--- Given data Enclosed Below ---

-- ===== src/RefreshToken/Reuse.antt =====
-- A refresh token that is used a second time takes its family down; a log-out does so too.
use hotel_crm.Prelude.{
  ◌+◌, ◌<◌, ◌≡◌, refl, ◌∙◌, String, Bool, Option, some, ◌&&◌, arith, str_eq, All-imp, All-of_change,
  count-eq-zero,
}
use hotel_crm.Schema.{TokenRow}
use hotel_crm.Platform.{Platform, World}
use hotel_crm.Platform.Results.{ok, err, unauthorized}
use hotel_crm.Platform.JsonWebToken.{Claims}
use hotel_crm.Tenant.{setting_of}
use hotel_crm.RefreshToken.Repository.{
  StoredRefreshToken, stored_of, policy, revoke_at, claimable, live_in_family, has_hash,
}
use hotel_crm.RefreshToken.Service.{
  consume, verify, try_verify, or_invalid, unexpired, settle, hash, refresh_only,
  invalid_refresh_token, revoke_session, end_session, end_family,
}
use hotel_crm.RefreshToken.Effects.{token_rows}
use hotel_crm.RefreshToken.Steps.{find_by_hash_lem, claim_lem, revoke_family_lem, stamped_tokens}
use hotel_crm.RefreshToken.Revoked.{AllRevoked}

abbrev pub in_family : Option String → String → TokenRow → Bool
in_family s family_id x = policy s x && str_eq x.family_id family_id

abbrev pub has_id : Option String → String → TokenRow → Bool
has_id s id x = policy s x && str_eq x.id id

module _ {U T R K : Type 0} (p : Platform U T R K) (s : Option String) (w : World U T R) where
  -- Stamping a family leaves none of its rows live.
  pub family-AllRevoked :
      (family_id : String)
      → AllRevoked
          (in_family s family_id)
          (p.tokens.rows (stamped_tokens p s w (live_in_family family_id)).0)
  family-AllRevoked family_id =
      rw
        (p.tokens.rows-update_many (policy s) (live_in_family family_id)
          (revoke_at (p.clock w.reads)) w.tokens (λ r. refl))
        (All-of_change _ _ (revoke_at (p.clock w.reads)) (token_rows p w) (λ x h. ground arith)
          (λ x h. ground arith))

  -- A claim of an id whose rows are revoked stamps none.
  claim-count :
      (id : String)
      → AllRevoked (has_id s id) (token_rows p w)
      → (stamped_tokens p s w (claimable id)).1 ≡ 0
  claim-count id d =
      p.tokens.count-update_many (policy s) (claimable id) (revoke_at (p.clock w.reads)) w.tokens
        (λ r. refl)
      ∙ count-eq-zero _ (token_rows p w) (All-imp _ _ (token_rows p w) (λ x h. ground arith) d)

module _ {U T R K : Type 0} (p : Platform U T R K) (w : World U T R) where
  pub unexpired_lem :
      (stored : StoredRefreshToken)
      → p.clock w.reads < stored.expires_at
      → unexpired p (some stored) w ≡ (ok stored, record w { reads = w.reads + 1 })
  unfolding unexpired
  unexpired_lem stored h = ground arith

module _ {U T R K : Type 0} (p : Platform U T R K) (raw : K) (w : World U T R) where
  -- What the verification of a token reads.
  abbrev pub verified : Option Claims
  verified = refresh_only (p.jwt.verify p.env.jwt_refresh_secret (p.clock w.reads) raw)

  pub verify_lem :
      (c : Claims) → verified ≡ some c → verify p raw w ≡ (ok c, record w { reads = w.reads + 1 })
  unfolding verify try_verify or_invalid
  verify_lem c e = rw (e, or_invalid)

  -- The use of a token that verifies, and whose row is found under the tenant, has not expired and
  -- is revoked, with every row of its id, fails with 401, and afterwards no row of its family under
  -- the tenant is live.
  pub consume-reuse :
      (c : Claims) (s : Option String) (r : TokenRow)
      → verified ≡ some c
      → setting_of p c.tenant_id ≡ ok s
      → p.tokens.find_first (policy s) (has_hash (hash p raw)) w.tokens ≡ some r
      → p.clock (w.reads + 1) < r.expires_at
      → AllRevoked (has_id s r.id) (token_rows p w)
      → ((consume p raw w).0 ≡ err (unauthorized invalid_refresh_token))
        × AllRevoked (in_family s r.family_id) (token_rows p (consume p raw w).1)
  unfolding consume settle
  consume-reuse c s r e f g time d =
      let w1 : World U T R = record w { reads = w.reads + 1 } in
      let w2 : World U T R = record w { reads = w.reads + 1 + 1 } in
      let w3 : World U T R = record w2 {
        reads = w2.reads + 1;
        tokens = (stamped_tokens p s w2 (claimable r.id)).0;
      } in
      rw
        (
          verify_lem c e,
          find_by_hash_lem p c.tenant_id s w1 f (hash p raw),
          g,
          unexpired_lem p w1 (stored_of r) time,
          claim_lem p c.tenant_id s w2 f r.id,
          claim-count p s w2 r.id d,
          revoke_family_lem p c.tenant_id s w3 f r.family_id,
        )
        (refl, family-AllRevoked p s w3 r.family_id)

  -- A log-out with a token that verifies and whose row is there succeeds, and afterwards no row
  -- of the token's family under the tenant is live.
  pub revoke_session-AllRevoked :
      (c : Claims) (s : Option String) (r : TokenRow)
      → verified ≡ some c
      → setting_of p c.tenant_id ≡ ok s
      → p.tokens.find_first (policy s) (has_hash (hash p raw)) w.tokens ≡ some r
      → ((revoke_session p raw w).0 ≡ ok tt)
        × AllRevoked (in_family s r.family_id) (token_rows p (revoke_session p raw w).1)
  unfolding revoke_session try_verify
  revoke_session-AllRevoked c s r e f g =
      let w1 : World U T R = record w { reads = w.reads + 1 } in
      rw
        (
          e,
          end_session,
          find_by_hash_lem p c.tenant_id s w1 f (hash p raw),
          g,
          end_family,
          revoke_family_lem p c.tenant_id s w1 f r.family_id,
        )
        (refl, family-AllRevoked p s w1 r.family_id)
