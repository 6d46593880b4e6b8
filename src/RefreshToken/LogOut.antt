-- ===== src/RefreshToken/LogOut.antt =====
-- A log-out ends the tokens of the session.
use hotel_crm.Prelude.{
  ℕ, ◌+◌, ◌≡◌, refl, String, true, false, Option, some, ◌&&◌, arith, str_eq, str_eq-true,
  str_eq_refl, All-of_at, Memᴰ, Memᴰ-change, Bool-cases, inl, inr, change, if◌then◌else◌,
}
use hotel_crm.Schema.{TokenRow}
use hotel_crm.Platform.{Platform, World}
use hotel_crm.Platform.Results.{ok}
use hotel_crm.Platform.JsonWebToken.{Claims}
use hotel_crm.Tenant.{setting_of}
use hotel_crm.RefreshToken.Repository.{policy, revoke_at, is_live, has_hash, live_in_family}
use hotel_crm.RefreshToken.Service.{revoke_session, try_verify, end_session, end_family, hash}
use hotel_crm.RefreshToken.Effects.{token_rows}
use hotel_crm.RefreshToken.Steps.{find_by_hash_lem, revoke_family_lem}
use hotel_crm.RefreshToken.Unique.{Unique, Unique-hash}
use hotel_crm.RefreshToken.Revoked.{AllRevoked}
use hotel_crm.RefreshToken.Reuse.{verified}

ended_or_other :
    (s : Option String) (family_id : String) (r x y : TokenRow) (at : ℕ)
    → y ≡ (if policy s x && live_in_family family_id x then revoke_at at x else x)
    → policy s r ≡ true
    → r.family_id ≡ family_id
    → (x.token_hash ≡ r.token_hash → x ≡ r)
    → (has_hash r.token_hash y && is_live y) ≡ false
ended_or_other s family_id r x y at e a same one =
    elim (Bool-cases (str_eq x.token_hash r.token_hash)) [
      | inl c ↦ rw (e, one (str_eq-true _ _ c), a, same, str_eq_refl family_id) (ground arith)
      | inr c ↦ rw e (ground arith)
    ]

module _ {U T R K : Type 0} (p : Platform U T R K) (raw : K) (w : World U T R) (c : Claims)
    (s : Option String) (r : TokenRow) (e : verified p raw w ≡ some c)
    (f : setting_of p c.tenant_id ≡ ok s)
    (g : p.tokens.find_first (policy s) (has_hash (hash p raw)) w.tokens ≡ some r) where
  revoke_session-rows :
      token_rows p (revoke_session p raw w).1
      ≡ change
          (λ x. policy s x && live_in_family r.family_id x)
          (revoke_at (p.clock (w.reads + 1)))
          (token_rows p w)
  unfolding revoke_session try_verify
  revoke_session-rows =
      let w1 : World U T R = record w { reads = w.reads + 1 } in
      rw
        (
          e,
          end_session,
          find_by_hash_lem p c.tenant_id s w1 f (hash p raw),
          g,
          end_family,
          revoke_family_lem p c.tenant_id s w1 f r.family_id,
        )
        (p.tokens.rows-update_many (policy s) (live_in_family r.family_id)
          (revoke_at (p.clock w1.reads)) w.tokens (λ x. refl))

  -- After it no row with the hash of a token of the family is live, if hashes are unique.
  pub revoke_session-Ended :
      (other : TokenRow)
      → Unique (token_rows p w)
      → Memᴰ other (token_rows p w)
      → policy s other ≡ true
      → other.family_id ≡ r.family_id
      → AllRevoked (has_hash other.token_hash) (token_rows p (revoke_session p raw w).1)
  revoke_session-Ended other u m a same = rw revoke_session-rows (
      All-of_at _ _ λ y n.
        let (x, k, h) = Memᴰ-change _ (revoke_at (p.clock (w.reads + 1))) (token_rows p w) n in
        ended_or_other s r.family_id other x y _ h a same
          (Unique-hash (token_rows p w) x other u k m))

--- End of Enclosed Given data ---

Problem description |
Where a line of the listing holds the string "Type", copy that line.

Response |
module _ {U T R K : Type 0} (p : Platform U T R K) (s : Option String) (w : World U T R) where
module _ {U T R K : Type 0} (p : Platform U T R K) (w : World U T R) where
module _ {U T R K : Type 0} (p : Platform U T R K) (raw : K) (w : World U T R) where
module _ {U T R K : Type 0} (p : Platform U T R K) (raw : K) (w : World U T R) (c : Claims)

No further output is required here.